TO DO
The required output is every line from the beginning of the entries below through the line that includes "as_value (cpp_double v) = float64 v", copied exactly.

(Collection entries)
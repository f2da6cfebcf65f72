-- ===== src/Cli/Dynamic/Encoding.antt =====
-- A dynamic message is written like a struct.
use serialrpc.Base.{ℕ, zero, suc, ◌≤◌, ◌≡◌, refl, sym, ap, ◌∙◌, Bool, [], ◌++◌, arith}
use serialrpc.Io.{Io, Sink, Result, ok, ◌>>=◌}
use serialrpc.Io.Bind.{bind_assoc, bind_ext}
use serialrpc.Io.Laws.{Laws}
use serialrpc.Encoding.Stack.{Stack, push}
use serialrpc.Encoding.Marshal.{
  Value, int32, uint32, int64, uint64, bool, float32, float64, text, message, Fields, nil, field,
  close_message, marshal_value, marshal_fields, marshal,
}
use serialrpc.Encoding.Marshal.Encode.{encode, FieldsInRange, depth, depth_fields}
use serialrpc.Encoding.Marshal.Refines.{marshal-encode}
use serialrpc.Cli.Dynamic.{
  DynamicValue, cpp_int32, cpp_int64, cpp_uint32, cpp_uint64, cpp_double, cpp_float, cpp_bool,
  cpp_enum, cpp_string, cpp_message, DynamicMessage, no_fields, listed, DynamicValues, no_values,
  value, end_field, marshal_field_value, marshal_message, marshal_elements, marshal_dynamic,
}

-- The struct with the same fields: an enum is an int32, and a repeated field stands there once for
-- each of its elements.
unfoldable mutual
  pub as_value : DynamicValue → Value
  as_value (cpp_int32 v) = int32 v
  as_value (cpp_int64 v) = int64 v
  as_value (cpp_uint32 v) = uint32 v
  as_value (cpp_uint64 v) = uint64 v
  as_value (cpp_double v) = float64 v
  as_value (cpp_float v) = float32 v
  as_value (cpp_bool v) = bool v
  as_value (cpp_enum v) = int32 v
  as_value (cpp_string v) = text v
  as_value (cpp_message m) = message (as_fields m)

  pub as_fields : DynamicMessage → Fields
  as_fields no_fields = nil
  as_fields (listed number values rest) = elements number values (as_fields rest)

  pub elements : ℕ → DynamicValues → Fields → Fields
  elements number no_values rest = rest
  elements number (value v values) rest = field number (as_value v) (elements number values rest)

depth-rest :
    (number : ℕ) (values : DynamicValues) (rest : Fields) (n : ℕ)
    → depth_fields (elements number values rest) ≤ n
    → depth_fields rest ≤ n
unfolding depth_fields elements
depth-rest number no_values rest n le = le
depth-rest number (value v values) rest n le = depth-rest number values rest n (omega arith)

module _ (io : Io) (big : Bool) where
  mutual
    unfolding as_value depth marshal_field_value marshal_message marshal_elements marshal_value
        marshal_fields end_field close_message

    value_lem :
        (number : ℕ) (v : DynamicValue) (nesting : ℕ) (stack : Stack) (w : Sink)
        → depth (as_value v) ≤ nesting
        → marshal_field_value io big number v nesting stack w
          ≡ marshal_value io big number (as_value v) stack w
    value_lem number (cpp_int32 v) nesting stack w le = refl
    value_lem number (cpp_int64 v) nesting stack w le = refl
    value_lem number (cpp_uint32 v) nesting stack w le = refl
    value_lem number (cpp_uint64 v) nesting stack w le = refl
    value_lem number (cpp_double v) nesting stack w le = refl
    value_lem number (cpp_float v) nesting stack w le = refl
    value_lem number (cpp_bool v) nesting stack w le = refl
    value_lem number (cpp_enum v) nesting stack w le = refl
    value_lem number (cpp_string v) nesting stack w le = refl
    value_lem number (cpp_message m) zero stack w le = absurd (omega arith)
    value_lem number (cpp_message m) (suc nesting) stack w le =
        bind_ext (push number stack) _ _ (λ stack.
          ap (λ (r : Result (Stack × Sink)). r >>= λ (stack, w). close_message io stack w)
            (message_lem m nesting stack w (omega arith)))

    message_lem :
        (m : DynamicMessage) (nesting : ℕ) (stack : Stack) (w : Sink)
        → depth_fields (as_fields m) ≤ nesting
        → marshal_message io big m nesting stack w ≡ marshal_fields io big (as_fields m) stack w
    message_lem no_fields nesting stack w le = refl
    message_lem (listed number values rest) nesting stack w le =
        let shallow = depth-rest number values (as_fields rest) nesting le in
        sym (
          elements_lem number values (as_fields rest) nesting stack w le
          ∙ bind_ext (marshal_elements io big number values nesting stack w) _ _
              (λ ((stack, w) : Stack × Sink). sym (message_lem rest nesting stack w shallow)))

    elements_lem :
        (number : ℕ) (values : DynamicValues) (rest : Fields) (nesting : ℕ) (stack : Stack)
        (w : Sink)
        → depth_fields (elements number values rest) ≤ nesting
        → marshal_fields io big (elements number values rest) stack w ≡ (
            marshal_elements io big number values nesting stack w >>= λ ((stack, w) : Stack × Sink).
            marshal_fields io big rest stack w)
    elements_lem number no_values rest nesting stack w le = refl
    elements_lem number (value v values) rest nesting stack w le =
        ap
          (λ (r : Result (Stack × Sink)).
            r >>= λ (stack, w). marshal_fields io big (elements number values rest) stack w)
          (sym (value_lem number v nesting stack w (omega arith)))
        ∙ bind_ext (marshal_field_value io big number v nesting stack w) _ _
            (λ ((stack, w) : Stack × Sink).
              elements_lem number values rest nesting stack w (omega arith))
        ∙ sym (bind_assoc (marshal_field_value io big number v nesting stack w) _ _)

  -- A request from the command line whose messages nest at most 128 deep, each field in the range of
  -- its type, has the bytes of the struct with the same fields, so that a server reads it like one of
  -- a generated client.
  pub marshal_dynamic-encode :
      (laws : Laws io) (m : DynamicMessage) (w : Sink)
      → FieldsInRange (as_fields m)
      → depth_fields (as_fields m) ≤ 128
      → marshal_dynamic io big m w ≡ ok (w ++ encode io laws (as_fields m))
  unfolding marshal_dynamic marshal
  marshal_dynamic-encode laws m w fits shallow =
      rw (message_lem m 128 [] w shallow) (marshal-encode io big laws (as_fields m) w fits shallow)
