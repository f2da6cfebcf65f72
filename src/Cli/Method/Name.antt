-- ===== src/Cli/Method/Name.antt =====
-- The name of a method is split where it was put together.
use serialrpc.Base.{
  ℕ, suc, ◌+◌, ◌<◌, ◌≡◌, refl, ap, ◌==◌, ==_refl, false, some, none, [], ◌∷◌, ◌++◌, length,
  length-append, take, drop, All, arith,
}
use serialrpc.Io.{Bytes}
use serialrpc.Cli.Method.{rfind, split_at, separator_of, split_method}

abbrev pub IsFree : ℕ → Bytes → Type 0
IsFree c bytes = All (λ b. (b == c) ≡ false) bytes

rfind-IsFree : (c : ℕ) (bytes : Bytes) → IsFree c bytes → rfind c bytes ≡ none
unfolding rfind
rfind-IsFree c [] h = refl
rfind-IsFree c (b ∷ bytes) (h, hs) = rw (rfind-IsFree c bytes hs, h, rfind) refl

-- The last separator is the one behind which none follows.
rfind-append :
    (c : ℕ) (front back : Bytes) → IsFree c back → rfind c (front ++ c ∷ back) ≡ some (length front)
unfolding rfind
rfind-append c [] back h = rw (rfind, rfind-IsFree c back h, ==_refl c) refl
rfind-append c (b ∷ front) back h = rw (rfind-append c front back h, rfind) refl

IsFree-append : (c : ℕ) (xs ys : Bytes) → IsFree c xs → IsFree c ys → IsFree c (xs ++ ys)
IsFree-append c [] ys h k = k
IsFree-append c (x ∷ xs) ys (e, h) k = (e, IsFree-append c xs ys h k)

take-length : (xs ys : Bytes) → take (length xs) (xs ++ ys) ≡ xs
take-length [] ys = refl
take-length (x ∷ xs) ys = ap (◌∷◌ x) (take-length xs ys)

drop-length : (xs ys : Bytes) (c : ℕ) → drop (suc (length xs)) (xs ++ c ∷ ys) ≡ ys
drop-length [] ys c = refl
drop-length (x ∷ xs) ys c = drop-length xs ys c

split_at-joined :
    (service method : Bytes) (c : ℕ)
    → 0 < length service
    → 0 < length method
    → split_at (service ++ c ∷ method) (some (length service)) ≡ some (service, method)
unfolding split_at
split_at-joined service method c s m =
    rw (not_first, not_last, next, take-length service (c ∷ method), drop-length service method c)
      refl
  where
    not_first : (length service == 0) ≡ false
    not_first = ground arith

    not_last : (length service + 1 == length (service ++ c ∷ method)) ≡ false
    not_last = rw (length-append service (c ∷ method)) (ground arith)

    next : length service + 1 ≡ suc (length service)
    next = omega arith

-- A separator that tells the method from the service: a slash, if the method has none, and a dot, if
-- neither has a slash and the method has no dot.
pub data Joins (service method : Bytes) : ℕ → Type 0 where
  slash : IsFree 0x2f method → Joins service method 0x2f
  dot : IsFree 0x2f service → IsFree 0x2f method → IsFree 0x2e method → Joins service method 0x2e

-- A service and a method, neither of them empty, are found again in their name behind a separator that
-- tells them apart.
pub split_method-joined :
    (service method : Bytes) (c : ℕ)
    → 0 < length service
    → 0 < length method
    → Joins service method c
    → split_method (service ++ c ∷ method) ≡ some (service, method)
unfolding split_method separator_of
split_method-joined service method c s m (slash free) =
    rw (rfind-append 0x2f service method free) (split_at-joined service method 0x2f s m)
split_method-joined service method c s m (dot whole free no_dot) =
    rw
      (
        rfind-IsFree 0x2f (service ++ 0x2e ∷ method)
            (IsFree-append 0x2f service (0x2e ∷ method) whole (refl, free)),
        rfind-append 0x2e service method no_dot,
      )
      (split_at-joined service method 0x2e s m)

WRITTEN ANSWER
repository f2da6cfebcf65f72
-- ===== src/Cli/Dynamic/Encoding.antt =====
-- A dynamic message is written like a struct.
use serialrpc.Base.{ℕ, zero, suc, ◌≤◌, ◌≡◌, refl, sym, ap, ◌∙◌, Bool, [], ◌++◌, arith}
use serialrpc.Io.{Io, Sink, Result, ok, ◌>>=◌}
use serialrpc.Io.Bind.{bind_assoc, bind_ext}
use serialrpc.Io.Laws.{Laws}
use serialrpc.Encoding.Stack.{Stack, push}
use serialrpc.Encoding.Marshal.{
  Value, int32, uint32, int64, uint64, bool, float32, float64, text, message, Fields, nil, field,
  close_message, marshal_value, marshal_fields, marshal,
}
use serialrpc.Encoding.Marshal.Encode.{encode, FieldsInRange, depth, depth_fields}
use serialrpc.Encoding.Marshal.Refines.{marshal-encode}
use serialrpc.Cli.Dynamic.{
  DynamicValue, cpp_int32, cpp_int64, cpp_uint32, cpp_uint64, cpp_double, cpp_float, cpp_bool,
  cpp_enum, cpp_string, cpp_message, DynamicMessage, no_fields, listed, DynamicValues, no_values,
  value, end_field, marshal_field_value, marshal_message, marshal_elements, marshal_dynamic,
}

-- The struct with the same fields: an enum is an int32, and a repeated field stands there once for
-- each of its elements.
unfoldable mutual
  pub as_value : DynamicValue → Value
  as_value (cpp_int32 v) = int32 v
  as_value (cpp_int64 v) = int64 v
  as_value (cpp_uint32 v) = uint32 v
  as_value (cpp_uint64 v) = uint64 v
  as_value (cpp_double v) = float64 v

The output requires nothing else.